→ **DESCRIPTION OF THE TASK**: Your answer must consist of every line from the data below that includes the word "cases".

Records contained in a dataset
..............................
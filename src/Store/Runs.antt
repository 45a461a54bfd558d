-- ===== src/Store/Runs.antt =====
-- Every run of the store of store.py: the calls that change it, in any order.
use Prim.Native.String
use pj_clusterintent.Prelude.{
  ℕ, String, ◌≡◌, true, none, some, List, [], is_some, sym, ◌∙◌, some_inj,
}
use mathlib.Core.Path.{subst}
use pj_clusterintent.Prelude.Dict
use pj_clusterintent.Evidence.{list_request_ids, Evidence}
use pj_clusterintent.Store.Owner.{Identity, IsCanonical}
use pj_clusterintent.Store.Model.{Store, Fields}
use pj_clusterintent.Store.{empty, create_session_and_request, continue_session, update_request}
use pj_clusterintent.Store.Scan.{scan_and_load}
use pj_clusterintent.Store.WellFormed.{
  IsWellFormed, empty-IsWellFormed, create_session_and_request-IsWellFormed,
  continue_session-IsWellFormed, update_request-IsWellFormed,
}
use pj_clusterintent.Store.Durable.{
  IsDurable, empty-IsDurable, create_session_and_request-IsDurable, continue_session-IsDurable,
  update_request-IsDurable,
}
use pj_clusterintent.Store.Rescan.{map_settle, unfinished}
use pj_clusterintent.Store.Recovery.{scan_and_load_recovers}
use pj_clusterintent.Store.Restarts.{map_close, scan_and_load_twice}

-- `uuid4` gives an id that is not in use, and the identity comes from an authenticator.
pub record IsFresh (hex : String) (identity : Identity) (s : Store) : Type 0 where
  pub unused : Dict.get (String.◌++◌ "req_" hex) s.requests ≡ none
  pub canonical : IsCanonical identity

-- A call that raises is a step too.
pub data Call (s : Store) : Store → Type 0 where
  create :
      (now : ℕ) (hex sid : String) (identity : Identity) (message : String)
      → IsFresh hex identity s
      → Call s (create_session_and_request now hex sid identity message s).1
  continue :
      (now : ℕ) (hex sid : String) (identity : Identity) (message : String)
      → IsFresh hex identity s
      → Call s (continue_session now hex sid identity message s).1
  update :
      (now : ℕ) (rid : String) (fields : Fields)
      → is_some fields.state ≡ true
      → Call s (update_request now rid fields s).1

-- The stores of one process that started on an empty evidence directory, between its calls.
pub data Run : Store → Type 0 where
  start : Run (empty (some []))
  next : {s t : Store} → Run s → Call s t → Run t

Call-IsWellFormed : {s t : Store} → Call s t → IsWellFormed s → IsWellFormed t
Call-IsWellFormed (create now hex sid identity message f) w =
    create_session_and_request-IsWellFormed now hex identity message sid _ w f.unused
Call-IsWellFormed (continue now hex sid identity message f) w =
    continue_session-IsWellFormed now hex identity message sid _ w f.unused
Call-IsWellFormed (update now rid fields named) w = update_request-IsWellFormed now rid fields _ w

Call-IsDurable : {s t : Store} → Call s t → IsDurable s → IsDurable t
Call-IsDurable (create now hex sid identity message f) d =
    create_session_and_request-IsDurable now hex identity message f.canonical sid _ d
Call-IsDurable (continue now hex sid identity message f) d =
    continue_session-IsDurable now hex identity message f.canonical sid _ d
Call-IsDurable (update now rid fields named) d = update_request-IsDurable now rid fields _ named d

-- Between any two calls of a process that started on an empty evidence directory, each session lists
-- requests that are there, belong to it and have its owner.
pub Run-IsWellFormed : {s : Store} → Run s → IsWellFormed s
Run-IsWellFormed start = empty-IsWellFormed (some [])
Run-IsWellFormed (next r c) = Call-IsWellFormed c (Run-IsWellFormed r)

-- Between any two calls of a process that started on an empty evidence directory, the evidence on disk
-- holds exactly the requests of the store: for each its record, and as its latest event the state,
-- response, error, cost and backend that the store has.
pub Run-IsDurable : {s : Store} → Run s → IsDurable s
Run-IsDurable start = empty-IsDurable
Run-IsDurable (next r c) = Call-IsDurable c (Run-IsDurable r)

-- When a process that started on an empty evidence directory ends between two calls of the store,
-- `scan_and_load` on the evidence that it leaves does not raise. The new store has the requests of the old
-- one, each as it was but for the unfinished ones, which are interrupted; the ids that it reports are
-- exactly those of the unfinished requests.
pub restart_recovers :
    (now : ℕ) {s : Store} (disk : Evidence)
    → Run s
    → s.evidence ≡ some disk
    → (s' : Store) × (newly : List String) × (scan_and_load now disk ≡ some (s', newly))
      × ((rid : String) → Dict.get rid s'.requests ≡ map_settle (Dict.get rid s.requests))
      × (newly ≡ unfinished s.requests (list_request_ids disk))
restart_recovers now {s} disk r e =
    let d = Run-IsDurable r in
    subst
      (λ x.
        (s' : Store) × (newly : List String) × (scan_and_load now x ≡ some (s', newly))
        × ((rid : String) → Dict.get rid s'.requests ≡ map_settle (Dict.get rid s.requests))
        × (newly ≡ unfinished s.requests (list_request_ids x)))
      (some_inj (sym d.attached ∙ e)) (scan_and_load_recovers now s d)

-- A process that starts on what such a restart has left, the first process having started on an empty
-- evidence directory and ended between two calls of the store, interrupts nothing: the second scan does not
-- raise and reports no request, and each request is as the first scan wrote it, as it was if it had
-- ended, and interrupted otherwise, at the time of that scan and with no response, error or cost.
pub second_restart_is_quiet :
    (now later : ℕ) {s : Store} (disk : Evidence)
    → Run s
    → s.evidence ≡ some disk
    → (s' : Store) × (newly : List String) × (disk' : Evidence) × (s'' : Store) × (scan_and_load now
          disk
        ≡ some (s', newly))
      × (s'.evidence ≡ some disk')
      × (scan_and_load later disk' ≡ some (s'', []))
      × ((rid : String) → Dict.get rid s''.requests ≡ map_close now (Dict.get rid s.requests))
second_restart_is_quiet now later {s} disk r e =
    let d = Run-IsDurable r in
    subst
      (λ x.
        (s' : Store) × (newly : List String) × (disk' : Evidence) × (s'' : Store) × (scan_and_load
            now x
          ≡ some (s', newly))
        × (s'.evidence ≡ some disk')
        × (scan_and_load later disk' ≡ some (s'', []))
        × ((rid : String) → Dict.get rid s''.requests ≡ map_close now (Dict.get rid s.requests)))
      (some_inj (sym d.attached ∙ e)) (scan_and_load_twice now later s d)
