-- ===== src/Process/Opening.antt =====
-- The process as main.py opens it: the store that the scan gives, and three workers that wait.
use pj_clusterintent.Prelude.{
  ℕ, String, true, Option, none, some, List, ◌≡◌, sym, ap, ◌∙◌, some_inj,
}
use mathlib.Core.Path.{subst}
use pj_clusterintent.Prelude.Dict
use pj_clusterintent.Evidence.{Evidence, is_terminal}
use pj_clusterintent.Store.Model.{Request, Store}
use pj_clusterintent.Store.Scan.{scan_and_load}
use pj_clusterintent.Store.Rescan.{map_settle}
use pj_clusterintent.Store.Recovery.{settle-is_terminal}
use pj_clusterintent.Store.Runs.{Run, restart_recovers}
use pj_clusterintent.Process.{opened}
use pj_clusterintent.Process.Turning.{
  IsTurning, IsAwaited, terminal_not_running, terminal_not_queued,
}

module _ (s : Store)
    (over : (rid : String) (r : Request)
      → Dict.get rid s.requests ≡ some r
      → is_terminal r.state ≡ true) where
  pub opened-IsTurning : IsTurning (opened s)
  opened-IsTurning =
      (λ d rid h. cc, λ rid r found run. cc (terminal_not_running r.state (over rid r found), run))

  pub opened-IsAwaited : IsAwaited (opened s)
  opened-IsAwaited rid r found queued = cc (terminal_not_queued r.state (over rid r found), queued)

settled_ended :
    (o : Option Request) (r : Request) → map_settle o ≡ some r → is_terminal r.state ≡ true
settled_ended none r h = cc
settled_ended (some x) r h =
    subst (λ z. is_terminal z.state ≡ true) (some_inj h) (settle-is_terminal x)

-- A process that starts on the evidence of an earlier run, once the scan has given its store, satisfies
-- both invariants of the workers with which it opens: its running requests are in the hands of workers,
-- none of which is busy, and its queued ones stand in a queue. The earlier run started on an empty evidence
-- directory and ended between two calls of the store.
pub restart_opens_idle :
    (now : ℕ) {s : Store} (disk : Evidence) (s' : Store) (newly : List String)
    → Run s
    → s.evidence ≡ some disk
    → scan_and_load now disk ≡ some (s', newly)
    → IsTurning (opened s') × IsAwaited (opened s')
restart_opens_idle now {s} disk s' newly run attached scanned =
    let (t, found, loaded, gets, reported) = restart_recovers now disk run attached in
    let same : t ≡ s' = ap (λ (x : Store × List String). x.0) (some_inj (sym loaded ∙ scanned)) in
    let over = λ (rid : String) (r : Request) (h : Dict.get rid t.requests ≡ some r).
      settled_ended (Dict.get rid s.requests) r (sym (gets rid) ∙ h) in
    subst (λ x. IsTurning (opened x) × IsAwaited (opened x)) same
      (opened-IsTurning t over, opened-IsAwaited t over)
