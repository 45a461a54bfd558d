-- ===== src/Examples/StoreRuns.antt =====
-- A store with a session of one node: its first request, and a second one that is running.
use pj_clusterintent.Prelude.{String, ◌≡◌, refl, some, none, List, [], ◌∷◌}
use pj_clusterintent.Prelude.Dict
use pj_clusterintent.Evidence.{RequestState, list_request_ids, Evidence}
use pj_clusterintent.Store.Owner.{Identity, owner_key, as_dict}
use pj_clusterintent.Store.Model.{Session, Store, no_fields, Fields}
use pj_clusterintent.Store.{
  empty, create_session_and_request, continue_session, update_request, list_session_requests,
}
use pj_clusterintent.Store.Scan.{scan_and_load}
use pj_clusterintent.Store.WellFormed.{
  IsWellFormed, empty-IsWellFormed, create_session_and_request-IsWellFormed,
  continue_session-IsWellFormed, update_request-IsWellFormed,
}
use pj_clusterintent.Store.Durable.{
  IsDurable, empty-IsDurable, create_session_and_request-IsDurable, continue_session-IsDurable,
  update_request-IsDurable,
}
use pj_clusterintent.Store.Rescan.{map_settle, unfinished}
use pj_clusterintent.Store.Restarts.{map_close}
use pj_clusterintent.Store.Runs.{
  IsFresh, Call, Run, Run-IsWellFormed, Run-IsDurable, restart_recovers, second_restart_is_quiet,
}
use pj_clusterintent.Evidence.{RequestRecord}

unfoldable pub store_runs : Unit {0}
unfolding create_session_and_request continue_session update_request list_session_requests owner_key
    Dict.get Dict.put
store_runs = tt

abbrev pub node_a : Identity
node_a = record { identity_class = "node"; uuid = some "u1"; cert_serial = some "0a"; name = none }

abbrev pub operator : Identity
operator = record {
  identity_class = "human";
  uuid = none;
  cert_serial = none;
  name = some "operator";
}

abbrev start : Store
start = empty (some [])

abbrev one_request : Store
one_request = (create_session_and_request 10 "1" "ses_1" node_a "hello" start).1

abbrev two_requests : Store
two_requests = (continue_session 20 "2" "ses_1" node_a "again" one_request).1

abbrev to_running : Fields
to_running = record no_fields { state = some RequestState.running }

abbrev pub one_running : Store
one_running = (update_request 30 "req_2" to_running two_requests).1

one_request-IsWellFormed : IsWellFormed one_request
one_request-IsWellFormed =
    create_session_and_request-IsWellFormed 10 "1" node_a "hello" "ses_1" start
      (empty-IsWellFormed (some [])) (unfold Dict.get in refl)

req_2_is_fresh : Dict.get "req_2" one_request.requests ≡ none
unfolding store_runs
req_2_is_fresh = refl

two_requests-IsWellFormed : IsWellFormed two_requests
two_requests-IsWellFormed =
    continue_session-IsWellFormed 20 "2" node_a "again" "ses_1" one_request one_request-IsWellFormed
      req_2_is_fresh

pub one_running-IsWellFormed : IsWellFormed one_running
one_running-IsWellFormed =
    update_request-IsWellFormed 30 "req_2" to_running two_requests two_requests-IsWellFormed

one_running-IsDurable : IsDurable one_running
one_running-IsDurable = update_request-IsDurable 30 "req_2" to_running two_requests refl (
    continue_session-IsDurable 20 "2" node_a "again" refl "ses_1" one_request (
      create_session_and_request-IsDurable 10 "1" node_a "hello" refl "ses_1" start
        empty-IsDurable))

abbrev the_session : Session
the_session = record {
  session_id = "ses_1";
  identity = node_a;
  created_at = 10;
  request_ids = "req_1" ∷ "req_2" ∷ [];
}

session_is_there : Dict.get "ses_1" one_running.sessions ≡ some the_session
unfolding store_runs
session_is_there = refl

first-IsFresh : IsFresh "1" node_a start
unfolding store_runs
first-IsFresh = record { unused = refl; canonical = refl }

second-IsFresh : IsFresh "2" node_a one_request
unfolding store_runs
second-IsFresh = record { unused = refl; canonical = refl }

pub run_of_one_running : Run one_running
run_of_one_running =
    Run.next
      (Run.next (Run.next Run.start (Call.create 10 "1" "ses_1" node_a "hello" first-IsFresh))
        (Call.continue 20 "2" "ses_1" node_a "again" second-IsFresh))
      (Call.update 30 "req_2" to_running refl)

abbrev pub disk : Evidence
disk = elim one_running.evidence [ none ↦ [] | some e ↦ e ]

pub disk_is_there : one_running.evidence ≡ some disk
unfolding store_runs
disk_is_there = refl

Run-IsWellFormed_example : IsWellFormed one_running
Run-IsWellFormed_example = Run-IsWellFormed run_of_one_running

Run-IsDurable_example : IsDurable one_running
Run-IsDurable_example = Run-IsDurable run_of_one_running

restart_recovers_example :
    (s' : Store) × (newly : List String) × (scan_and_load 99 disk ≡ some (s', newly))
    × ((rid : String) → Dict.get rid s'.requests ≡ map_settle (Dict.get rid one_running.requests))
    × (newly ≡ unfinished one_running.requests (list_request_ids disk))
restart_recovers_example = restart_recovers 99 disk run_of_one_running disk_is_there

second_restart_is_quiet_example :
    (s' : Store) × (newly : List String) × (disk' : Evidence) × (s'' : Store) × (scan_and_load 99
        disk
      ≡ some (s', newly))
    × (s'.evidence ≡ some disk')
    × (scan_and_load 120 disk' ≡ some (s'', []))
    × ((rid : String)
        → Dict.get rid s''.requests ≡ map_close 99 (Dict.get rid one_running.requests))
second_restart_is_quiet_example =
    second_restart_is_quiet 99 120 disk run_of_one_running disk_is_there

abbrev a_record : RequestRecord
a_record = record {
  request_id = "req_1";
  session_id = "ses_1";
  identity = as_dict node_a;
  message = "hello";
  created_at = 10;
}

abbrev small_disk : Evidence
small_disk =
    ("req_1", record { request_json = some a_record; events = [] })
    ∷ ("stray", record { request_json = none; events = [] })
    ∷ []
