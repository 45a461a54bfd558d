-- ===== src/Worker/TaskLaws.antt =====
-- What `compose_task` of agent_runner.py keeps of the earlier turns.
use Prim.Native.String.{len}
use pj_clusterintent.Prelude.{ℕ, String, List, [], ◌∷◌, ◌+◌}

-- The characters of all blocks.
abbrev pub size : List String → ℕ
size [] = 0
size (b ∷ bs) = len b + size bs
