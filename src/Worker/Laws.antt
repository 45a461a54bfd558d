-- ===== src/Worker/Laws.antt =====
-- What one turn of the worker's loop leaves in the store.
use pj_clusterintent.Prelude.{
  ℕ, String, true, false, Option, none, some, ◌≡◌, refl, sym, Bool-cases, Option-cases, inl, inr,
  ap, is_some,
}
use mathlib.Core.Path.{subst}
use pj_clusterintent.Prelude.Dict
use pj_clusterintent.Prelude.Dict.{get-put_self}
use pj_clusterintent.Prelude.Result.{ok}
use pj_clusterintent.Evidence.{RequestState, is_terminal}
use pj_clusterintent.Store.Model.{Request, Fields}
use pj_clusterintent.Store.{update_request, set_fields, get_request}
use pj_clusterintent.Worker.Task.{compose_task}
use pj_clusterintent.Worker.{
  System, TurnResult, run_one, begin, finish, update, crashed, fields_of, to_state, is_queued,
  is_cancel_requested, clear_cancel, proceed, history,
}

pub get-update :
    (now : ℕ) (rid : String) (f : Fields) (y : System) (r : Request)
    → Dict.get rid y.store.requests ≡ some r
    → Dict.get rid (update now rid f y).store.requests ≡ some (set_fields now f r)
unfolding update_request
get-update now rid f y r h = rw (h, update_request) (get-put_self _ _ _)

pub begin_settled :
    (now : ℕ) (rid : String) (y : System) (r : Request)
    → Dict.get rid y.store.requests ≡ some r
    → is_queued r.state ≡ false
    → begin now rid y ≡ (ok none, y)
unfolding begin get_request
begin_settled now rid y r h q = rw (begin, h, q) refl

pub begin_cancelled :
    (now : ℕ) (rid : String) (y : System) (r : Request)
    → Dict.get rid y.store.requests ≡ some r
    → is_queued r.state ≡ true
    → is_cancel_requested rid y ≡ true
    → begin now rid y ≡ (ok none, update now rid (to_state RequestState.cancelled) y)
unfolding begin get_request
begin_cancelled now rid y r h q c = rw (begin, h, q, c) refl

pub begin_started :
    (now : ℕ) (rid : String) (y : System) (r : Request)
    → Dict.get rid y.store.requests ≡ some r
    → is_queued r.state ≡ true
    → is_cancel_requested rid y ≡ false
    → (task : String) × (begin now rid y
        ≡ (ok (some task), update now rid (to_state RequestState.running) y))
unfolding begin get_request
begin_started now rid y r h q c = (
  compose_task r.message
      (history rid r.session_id (update now rid (to_state RequestState.running) y).store),
  rw (begin, h, q, c) refl,
)

-- A request that is no longer queued, such as one cancelled in the queue, is left as it is: the
-- store stays, whatever the runner would give.
run_one_skips :
    (run : String → Option TurnResult) (meanwhile : System → System) (now : ℕ) (rid : String)
    (y : System) (r : Request)
    → Dict.get rid y.store.requests ≡ some r
    → is_queued r.state ≡ false
    → (run_one run meanwhile now rid y).store ≡ y.store
unfolding run_one
run_one_skips run meanwhile now rid y r h q =
    ap (λ b. (proceed run meanwhile now rid b).store) (begin_settled now rid y r h q)

-- The request stands in the store and has ended.
pub record HasEnded (rid : String) (y : System) : Type 0 where
  pub request : Request
  pub found : Dict.get rid y.store.requests ≡ some request
  pub ended : is_terminal request.state ≡ true

finish-HasEnded :
    (now : ℕ) (rid : String) (outcome : Option TurnResult) (y : System) (r : Request)
    → Dict.get rid y.store.requests ≡ some r
    → ((result : TurnResult) → outcome ≡ some result → is_terminal result.state ≡ true)
    → HasEnded rid (finish now rid outcome y)
unfolding fields_of set_fields
finish-HasEnded now rid none y r h t = record {
  request = _;
  found = get-update now rid crashed y r h;
  ended = refl;
}
finish-HasEnded now rid (some result) y r h t = record {
  request = _;
  found = get-update now rid (fields_of result) y r h;
  ended = t result refl;
}

still : {rid : String} {y : System} → HasEnded rid y → HasEnded rid (clear_cancel rid y)
still h = record { request = h.request; found = h.found; ended = h.ended }

is_some-get :
    (rid : String) (y : System)
    → is_some (Dict.get rid y.store.requests) ≡ true
    → (r : Request) × (Dict.get rid y.store.requests ≡ some r)
is_some-get rid y h = elim (Option-cases (Dict.get rid y.store.requests)) [
  | inl e ↦ cc (rw e at h)
  | inr found ↦ found
]

-- A queued request has ended after its turn, whether it was cancelled, the runner raised, or the
-- runner gave a result, provided that a result's state is one of the ended ones and that no handler
-- takes the request out of the store meanwhile.
pub run_one_ends :
    (run : String → Option TurnResult) (meanwhile : System → System) (now : ℕ) (rid : String)
    (y : System) (r : Request)
    → Dict.get rid y.store.requests ≡ some r
    → is_queued r.state ≡ true
    → ((z : System)
        → is_some (Dict.get rid z.store.requests) ≡ true
        → is_some (Dict.get rid (meanwhile z).store.requests) ≡ true)
    → ((task : String) (result : TurnResult)
        → run task ≡ some result
        → is_terminal result.state ≡ true)
    → HasEnded rid (run_one run meanwhile now rid y)
unfolding run_one set_fields
run_one_ends run meanwhile now rid y r h q keeps ends =
    elim (Bool-cases (is_cancel_requested rid y)) [
      | inl c ↦
          subst (λ b. HasEnded rid (clear_cancel rid (proceed run meanwhile now rid b)))
            (sym (begin_cancelled now rid y r h q c))
            (record {
              request = _;
              found = get-update now rid (to_state RequestState.cancelled) y r h;
              ended = refl;
            })
      | inr c ↦
          let (task, begun) = begin_started now rid y r h q c in
          let started = update now rid (to_state RequestState.running) y in
          let there : is_some (Dict.get rid started.store.requests) ≡ true =
            ap is_some (get-update now rid (to_state RequestState.running) y r h) in
          let (r', held) = is_some-get rid (meanwhile started) (keeps started there) in
          subst (λ b. HasEnded rid (clear_cancel rid (proceed run meanwhile now rid b))) (sym begun)
            (still (finish-HasEnded now rid (run task) (meanwhile started) r' held (ends task)))
    ]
..............................
→ **EXERCISE RESULT**:
  ℕ, String, true, false, Option, none, some, ◌≡◌, refl, sym, Bool-cases, Option-cases, inl, inr,
is_some-get rid y h = elim (Option-cases (Dict.get rid y.store.requests)) [
    elim (Bool-cases (is_cancel_requested rid y)) [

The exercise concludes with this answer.